Abstract

The sound generated by a 2-D, 20% thick elliptical circulation control airfoil with single slot blowing is experimentally investigated in the University of Florida Aeroacoustic Flow Facility. Experiments are conducted at a variety of freestream and slot jet velocities for three different slot heights h. The airfoil’s lift characteristics compare favorably with data from a previous research study in a conventional closed-wall wind tunnel. A large aperture microphone array reveals low noise contamination in the UFAFF test section. Data from farfield microphones indicate both tonal and broadband noise sources. Vortex shedding from the rounded trailing edge occurs when jet momentum levels are insufficient to prevent flow separation. High frequency tonal noise is also identified due to vortex shedding, where fD/Ujet = 0.21, from the D = 0.28 mm thick slot lip. For large jet velocities, high frequency broadband slot jet noise is identified as the dominant noise source for fh/Ujet > 0.1. Jet velocity amplitude and frequency non-dimensionalization collapse the high-frequency portion of the spectra reasonably well when freestream velocity is low or zero.

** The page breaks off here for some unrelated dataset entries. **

-- ===== src/Mesh/Streaming.antt =====
-- core/src/files.rs: an outgoing transfer keeps the map of peers in order.
use mesh_chat.Prelude.{
  ℕ, Text, Bytes, text, cat, Option, none, some, List, [], ◌∷◌, Bool, false, All, leb, length, ◌||◌,
  ◌==◌, ◌+◌,
}
use mesh_chat.Error.{Error, IoError, io, Result, ok, err, display}
use mesh_chat.Protocol.{encode_chunk, file_offer, file_done, file_abort, hex}
use mesh_chat.Node.{Node, Env, emit, send, link_send}
use mesh_chat.Node.Events.{status, file_progress}
use mesh_chat.Node.TransferState.{Decision, accept, decline}
use mesh_chat.Node.Quiet.{send-Quiet, link_send-Quiet}
use mesh_chat.Files.{progress_interval, add_u64, next_u32}
use mesh_chat.Files.Outgoing.{Read, finish_out}
use mesh_chat.Files.Streaming.{
  Turn, Sending, send_done, send_aborted, link_failed, report, stream_chunk, stream_read,
  stream_loop, stream_opened, answered, register_out, offered, send_file_to,
}
use mesh_chat.Mesh.Linked.{AreLinked, AreLinked-Quiet}
use mesh_chat.Mesh.Admission.Linked.{Keeps, if-AreLinked}
use mesh_chat.Mesh.Sessions.{either-AreLinked}

-- The parts of an outgoing transfer only speak, keep their own books and write the history.
finish_out-Keeps :
    (id : Bytes) (name : Text) (success : Bool) (detail : Text)
    → Keeps (finish_out id name success detail)
unfolding finish_out
finish_out-Keeps id name success detail n h = h

send_aborted-Keeps :
    (env : Env) (s : Sending) (reason detail : Text) → Keeps (send_aborted env s reason detail)
unfolding send_aborted
send_aborted-Keeps env s reason detail n h =
    let c = file_abort (hex s.id) reason in
    finish_out-Keeps s.id s.name false detail (send env s.peer.link c n).1
      (AreLinked-Quiet n (send env s.peer.link c n).1 (send-Quiet env s.peer.link c n) h)

send_done-Keeps : (env : Env) (s : Sending) → Keeps (send_done env s)
unfolding send_done finish_out
send_done-Keeps env s n h =
    let c = file_done (hex s.id) in
    AreLinked-Quiet n (send env s.peer.link c n).1 (send-Quiet env s.peer.link c n) h

report-AreLinked :
    (s : Sending) (sent due : ℕ) (n : Node) → AreLinked n → AreLinked (report s sent due n).1
unfolding report
report-AreLinked s sent due n h =
    either-AreLinked (leb due n.clock || sent == s.size)
      (
        n.clock + progress_interval,
        emit (file_progress (hex s.id) s.name s.peer.info.name sent s.size false) n,
      )
      (due, n) h h

stream_chunk-AreLinked :
    (env : Env) (s : Sending) (seq sent due : ℕ) (bytes : Bytes) (next : ℕ → ℕ → ℕ → Node → Node)
    (r : Result Error (Unit {0}) × Node)
    → ((q t d : ℕ) → Keeps (next q t d))
    → AreLinked r.1
    → AreLinked (stream_chunk env s seq sent due bytes next r)
unfolding stream_chunk link_failed finish_out
stream_chunk-AreLinked env s seq sent due bytes next (err e, n) k h = h
stream_chunk-AreLinked env s seq sent due bytes next (ok u, n) k h =
    let total = add_u64 sent (length bytes) in
    k (next_u32 seq) total (report s total due n).0 (report s total due n).1
      (report-AreLinked s total due n h)

stream_read-Keeps :
    (env : Env) (s : Sending) (seq sent due : ℕ) (r : Read) (next : ℕ → ℕ → ℕ → Node → Node)
    → ((q t d : ℕ) → Keeps (next q t d))
    → Keeps (stream_read env s seq sent due r next)
unfolding stream_read
stream_read-Keeps env s seq sent due (err e) next k n h =
    send_aborted-Keeps env s (display (io e)) (cat (text "read error: " ∷ display (io e) ∷ [])) n h
stream_read-Keeps env s seq sent due (ok []) next k n h = send_done-Keeps env s n h
stream_read-Keeps env s seq sent due (ok (b ∷ bytes)) next k n h =
    let payload = encode_chunk s.id seq (b ∷ bytes) in
    stream_chunk-AreLinked env s seq sent due (b ∷ bytes) next (link_send env s.peer.link payload n)
      k
      (AreLinked-Quiet n (link_send env s.peer.link payload n).1
        (link_send-Quiet env s.peer.link payload n) h)

-- What the other threads do between two reads.
abbrev pub TurnKeeps : Turn → Type 0
TurnKeeps t = Keeps t.meanwhile

stream_loop-Keeps :
    (env : Env) (s : Sending) (turns : List Turn) (seq sent due : ℕ)
    → All (λ t. TurnKeeps t) turns
    → Keeps (stream_loop env s turns seq sent due)
unfolding stream_loop
stream_loop-Keeps env s [] seq sent due k n h =
    if-AreLinked n.running (send_done env s n) n (send_done-Keeps env s n h) h
stream_loop-Keeps env s (t ∷ turns) seq sent due k n h =
    let m = t.meanwhile n in
    if-AreLinked m.running (stream_read env s seq sent due t.read (stream_loop env s turns) m) m
      (stream_read-Keeps env s seq sent due t.read (stream_loop env s turns)
        (λ q u d. stream_loop-Keeps env s turns q u d k.1) m (k.0 n h))
      (k.0 n h)

-- A file that was opened, with what happens while it is read.
abbrev pub OpenedKeeps : Result IoError (List Turn) → Type 0
OpenedKeeps (err e) = Unit
OpenedKeeps (ok turns) = All (λ t. TurnKeeps t) turns

answered-Keeps :
    (env : Env) (s : Sending) (d : Option Decision) (opened : Result IoError (List Turn))
    → OpenedKeeps opened
    → Keeps (answered env s d opened)
unfolding answered stream_opened finish_out
answered-Keeps env s none opened k n h =
    send_aborted-Keeps env s (text "no answer in time")
      (cat (s.peer.info.name ∷ text " did not answer in time" ∷ [])) n h
answered-Keeps env s (some accept) (err e) k n h =
    send_aborted-Keeps env s (display (io e))
      (cat (text "could not read the file: " ∷ display (io e) ∷ [])) n h
answered-Keeps env s (some accept) (ok turns) k n h =
    stream_loop-Keeps env s turns 0 0 n.clock k n h
answered-Keeps env s (some (decline reason)) opened k n h = h

offered-AreLinked :
    (env : Env) (s : Sending) (meanwhile : Node → Node) (d : Option Decision)
    (opened : Result IoError (List Turn)) (r : Result Error (Unit {0}) × Node)
    → Keeps meanwhile
    → OpenedKeeps opened
    → AreLinked r.1
    → AreLinked (offered env s meanwhile d opened r)
unfolding offered finish_out
offered-AreLinked env s meanwhile d opened (err e, n) w k h = h
offered-AreLinked env s meanwhile d opened (ok u, n) w k h =
    let m =
      emit
        (status (
          cat (
            text "Offered "
            ∷ s.name
            ∷ text " to "
            ∷ s.peer.info.name
            ∷ text " - waiting for a reply"
            ∷ [])))
        n in
    answered-Keeps env s d opened k (meanwhile m) (w m h)

pub send_file_to-Keeps :
    (env : Env) (s : Sending) (meanwhile : Node → Node) (d : Option Decision)
    (opened : Result IoError (List Turn))
    → Keeps meanwhile
    → OpenedKeeps opened
    → Keeps (send_file_to env s meanwhile d opened)
unfolding send_file_to
send_file_to-Keeps env s meanwhile d opened w k n h =
    let c = file_offer (hex s.id) s.name s.size s.sha in
    let m = register_out s n in
    offered-AreLinked env s meanwhile d opened (send env s.peer.link c m) w k
      (AreLinked-Quiet m (send env s.peer.link c m).1 (send-Quiet env s.peer.link c m) h)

For curvature and slot noise generated by the external boundary layer flow, local mean velocities at the trailing edge and above the slot are not more effective than freestream and jet velocities when nondimensionalizing frequency. Finally, freestream amplitude and Strouhal number scaling show a remarkable collapse of spectra for a variety of freestream velocities, jet velocities, and slot heights for a constant momentum coefficient.